The purpose of the invention is the improvement of protective properties and reliability by increasing the form stability, resistance to dynamic effects and general destruction
This goal is achieved by the fact that the fabric is made with a filling of 100-150% and a weave tightness factor of 0.75-1 from a system of warp and weft high-strength multifilament yarn armos of linear density 100-58.8 tex with a ratio of the diameters of the elementary and complex yarns equal to 1: 300-330 based on aromatic copolyamides with heterocycles in the chain.
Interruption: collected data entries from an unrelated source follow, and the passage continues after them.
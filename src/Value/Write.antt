-- ===== src/Value/Write.antt =====
-- lib/pc_val.c: a double as the bytes of a dimension's value.
use pointcloud.Common.{ℕ, ◌-◌, ◌*◌, ◌^◌, ◌==◌, if◌then◌else◌, List, Option, none, some}
use pointcloud.Common.Result.{Result, fail, pcerror}
use pointcloud.Bytes.Words.{bytes_of}
use pointcloud.Memory.{put_bytes}
use pointcloud.Value.{
  Doubles, pc_int8, pc_uint8, pc_int16, pc_uint16, pc_int32, pc_uint32, pc_int64, pc_uint64,
  pc_double, pc_float,
}

module _ {ℓ} {D : Type ℓ} (doubles : Doubles D) where
  -- The macro `CLAMP`; its warnings are not modelled.
  clamp : D → D → D → D
  clamp v least most =
      if doubles.less most v then most else if doubles.less v least then least else v

  -- An unsigned integer of `k` bytes: `lround` cut to its width.
  unsigned_bytes : ℕ → D → List ℕ
  unfolding clamp
  unsigned_bytes k val =
      bytes_of k (doubles.lround (clamp val (doubles.from_nat 0) (doubles.from_nat (256 ^ k - 1))))

  -- A signed one.
  signed_bytes : ℕ → D → List ℕ
  unfolding clamp
  signed_bytes k val = bytes_of k (
      doubles.lround (
        clamp val (doubles.negate (doubles.from_nat (2 ^ (8 * k - 1))))
          (doubles.from_nat (2 ^ (8 * k - 1) - 1))))

  -- What a case of the `switch` copies.
  unfoldable pub value_bytes : ℕ → D → Option (List ℕ)
  unfolding unsigned_bytes signed_bytes
  value_bytes interpretation val =
      if interpretation == pc_uint8
      then some (unsigned_bytes 1 val)
      else if interpretation == pc_uint16
      then some (unsigned_bytes 2 val)
      else if interpretation == pc_uint32
      then some (unsigned_bytes 4 val)
      else if interpretation == pc_uint64
      then some (unsigned_bytes 8 val)
      else if interpretation == pc_int8
      then some (signed_bytes 1 val)
      else if interpretation == pc_int16
      then some (signed_bytes 2 val)
      else if interpretation == pc_int32
      then some (signed_bytes 4 val)
      else if interpretation == pc_int64
      then some (signed_bytes 8 val)
      else if interpretation == pc_float
      then some (bytes_of 4 (doubles.float_bits val))
      else if interpretation == pc_double
      then some (bytes_of 8 (doubles.double_bits val))
      else none

  -- The memory after the write at `offset`.
  unfoldable pub double_to_ptr : List ℕ → ℕ → ℕ → D → Result (List ℕ)
  unfolding value_bytes
  double_to_ptr memory offset interpretation val = elim (value_bytes interpretation val) [
    | none ↦ fail pcerror
    | some bytes ↦ put_bytes memory offset bytes
  ]
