-- ===== src/Point.antt =====
-- lib/pc_point.c: points, which are values of the dimensions of a schema in a row of bytes. `data`
-- is the memory from the pointer on. A call that returns `PC_FAILURE` gives `none`.
pub mod Access
pub mod Flip
pub mod Wkb
use pointcloud.Common.{
  ℕ, zero, suc, ◌+◌, ◌^◌, ◌≡◌, Bool, true, false, ◌==◌, if◌then◌else◌, List, [], ◌∷◌, drop, length,
  replicate, get_elem?, Option, none, some,
}
use pointcloud.Common.Result.{Result, ok, fail, access, pcerror, ◌>>=◌}
use pointcloud.Value.{Doubles, value_from_ptr, value_unscale_unoffset}
use pointcloud.Value.Write.{double_to_ptr}
use pointcloud.Schema.{
  Dimension, Hashtable, Schema, ndims, schema_get_dimension, schema_get_dimension_by_name,
  dimension_at,
}

pub record Point {ℓ} (D T : Type ℓ) : Type ℓ where
  pub readonly : Bool
  pub schema : Schema D T
  pub data_bytes : List ℕ

module _ {ℓ} {D T : Type ℓ} where
  unfoldable pub point_make : Option (Schema D T) → Result (Point D T)
  point_make none = fail pcerror
  point_make (some s) =
      if s.size == 0
      then fail pcerror
      else ok (record { readonly = false; schema = s; data_bytes = replicate s.size 0 })

  unfoldable pub point_from_data : Option (Schema D T) → List ℕ → Result (Point D T)
  point_from_data none bytes = fail pcerror
  point_from_data (some s) bytes = ok (record { readonly = true; schema = s; data_bytes = bytes })

module _ {ℓ} {D T : Type ℓ} (doubles : Doubles D) where
  unfoldable pub point_get_double : Point D T → Option (Dimension D) → Result (Option D)
  point_get_double pt none = ok none
  point_get_double pt (some dim) = do
    d ← value_from_ptr doubles (drop dim.byteoffset pt.data_bytes) dim.interpretation dim.scaling
    ok (some d)

  unfoldable pub point_get_double_by_index : Point D T → ℕ → Result (Option D)
  unfolding point_get_double
  point_get_double_by_index pt idx = point_get_double pt (schema_get_dimension pt.schema idx)

  unfoldable pub point_set_double :
      Point D T → Option (Dimension D) → D → Result (Option (Point D T))
  point_set_double pt none val = ok none
  point_set_double pt (some dim) val = do
    bytes ←
        double_to_ptr doubles pt.data_bytes dim.byteoffset dim.interpretation
          (value_unscale_unoffset doubles val dim.scaling)
    ok (some (record pt { data_bytes = bytes }))

  unfoldable pub point_set_double_by_index : Point D T → ℕ → D → Result (Option (Point D T))
  unfolding point_set_double
  point_set_double_by_index pt idx val =
      point_set_double pt (schema_get_dimension pt.schema idx) val

  -- The dimension of a pointer of the schema.
  unfoldable pub point_get_at : Point D T → Option ℕ → Result (Option D)
  unfolding point_get_double
  point_get_at pt pointer = point_get_double pt (dimension_at pt.schema pointer)

  unfoldable pub point_set_at : Point D T → Option ℕ → D → Result (Option (Point D T))
  unfolding point_set_double
  point_set_at pt pointer val = point_set_double pt (dimension_at pt.schema pointer) val

  unfoldable pub point_get_x : Point D T → Result (Option D)
  unfolding point_get_at
  point_get_x pt = point_get_at pt pt.schema.xdim

  unfoldable pub point_get_y : Point D T → Result (Option D)
  unfolding point_get_at
  point_get_y pt = point_get_at pt pt.schema.ydim

  unfoldable pub point_get_z : Point D T → Result (Option D)
  unfolding point_get_at
  point_get_z pt = point_get_at pt pt.schema.zdim

  unfoldable pub point_get_m : Point D T → Result (Option D)
  unfolding point_get_at
  point_get_m pt = point_get_at pt pt.schema.mdim

  unfoldable pub point_set_x : Point D T → D → Result (Option (Point D T))
  unfolding point_set_at
  point_set_x pt val = point_set_at pt pt.schema.xdim val

  unfoldable pub point_set_y : Point D T → D → Result (Option (Point D T))
  unfolding point_set_at
  point_set_y pt val = point_set_at pt pt.schema.ydim val

  unfoldable pub point_set_z : Point D T → D → Result (Option (Point D T))
  unfolding point_set_at
  point_set_z pt val = point_set_at pt pt.schema.zdim val

  unfoldable pub point_set_m : Point D T → D → Result (Option (Point D T))
  unfolding point_set_at
  point_set_m pt val = point_set_at pt pt.schema.mdim val

  -- The values of an array from `offset` on, written from dimension `i` on.
  unfoldable pub set_values : List D → ℕ → ℕ → ℕ → Point D T → Result (Point D T)
  unfolding point_set_double_by_index
  set_values values offset zero i pt = ok pt
  set_values values offset (suc rounds) i pt = do
    val ← access (get_elem? values (offset + i))
    set ← point_set_double_by_index pt i val
    elim set [ none ↦ fail pcerror | some pt' ↦ set_values values offset rounds (i + 1) pt' ]

  unfoldable pub point_from_double_array : Option (Schema D T) → List D → ℕ → ℕ → Result (Point D T)
  unfolding set_values
  point_from_double_array none values offset stride = fail pcerror
  point_from_double_array (some s) values offset stride =
      if stride == ndims s
      then set_values values offset stride 0
          (record { readonly = false; schema = s; data_bytes = replicate s.size 0 })
      else fail pcerror

  -- The array as far as it is written. An element that is not written stays 0.
  unfoldable pub get_values : ℕ → ℕ → Point D T → Result (List D)
  unfolding point_get_double_by_index
  get_values zero i pt = ok []
  get_values (suc rounds) i pt = do
    value ← point_get_double_by_index pt i
    rest ← get_values rounds (i + 1) pt
    ok (elim value [ none ↦ doubles.from_nat 0 | some v ↦ v ] ∷ rest)

  unfoldable pub point_to_double_array : Point D T → Result (List D)
  unfolding get_values
  point_to_double_array p = get_values (ndims p.schema) 0 p

module _ {ℓ} {D T : Type ℓ} (doubles : Doubles D) (table : Hashtable T) where
  unfoldable pub point_get_double_by_name : Point D T → List ℕ → Result (Option D)
  unfolding point_get_double
  point_get_double_by_name pt name =
      point_get_double doubles pt (schema_get_dimension_by_name table pt.schema name)

  unfoldable pub point_set_double_by_name : Point D T → List ℕ → D → Result (Option (Point D T))
  unfolding point_set_double
  point_set_double_by_name pt name val =
      point_set_double doubles pt (schema_get_dimension_by_name table pt.schema name) val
The twist coefficient of the main threads is 7-15, and the twist coefficient of the weft threads 2-15. The ratio of the filling densities of weft and warp yarns is 0.65-1.

 Distinctive features of examples of the proposed fabric and prototype are presented in table 1.

 Complex armos threads based on aromatic copolyamides with heterocycles in the chain provide high strength, low elongation at break and incombustibility.

 The linear density of complex and armos filament yarns provides the necessary thickness and protective properties of fabrics.

 The ratio of the diameters of the elementary and multifilament yarns is necessary to obtain tissue stiffness, bending stiffness, energy intensity, tearing strength and bending resistance.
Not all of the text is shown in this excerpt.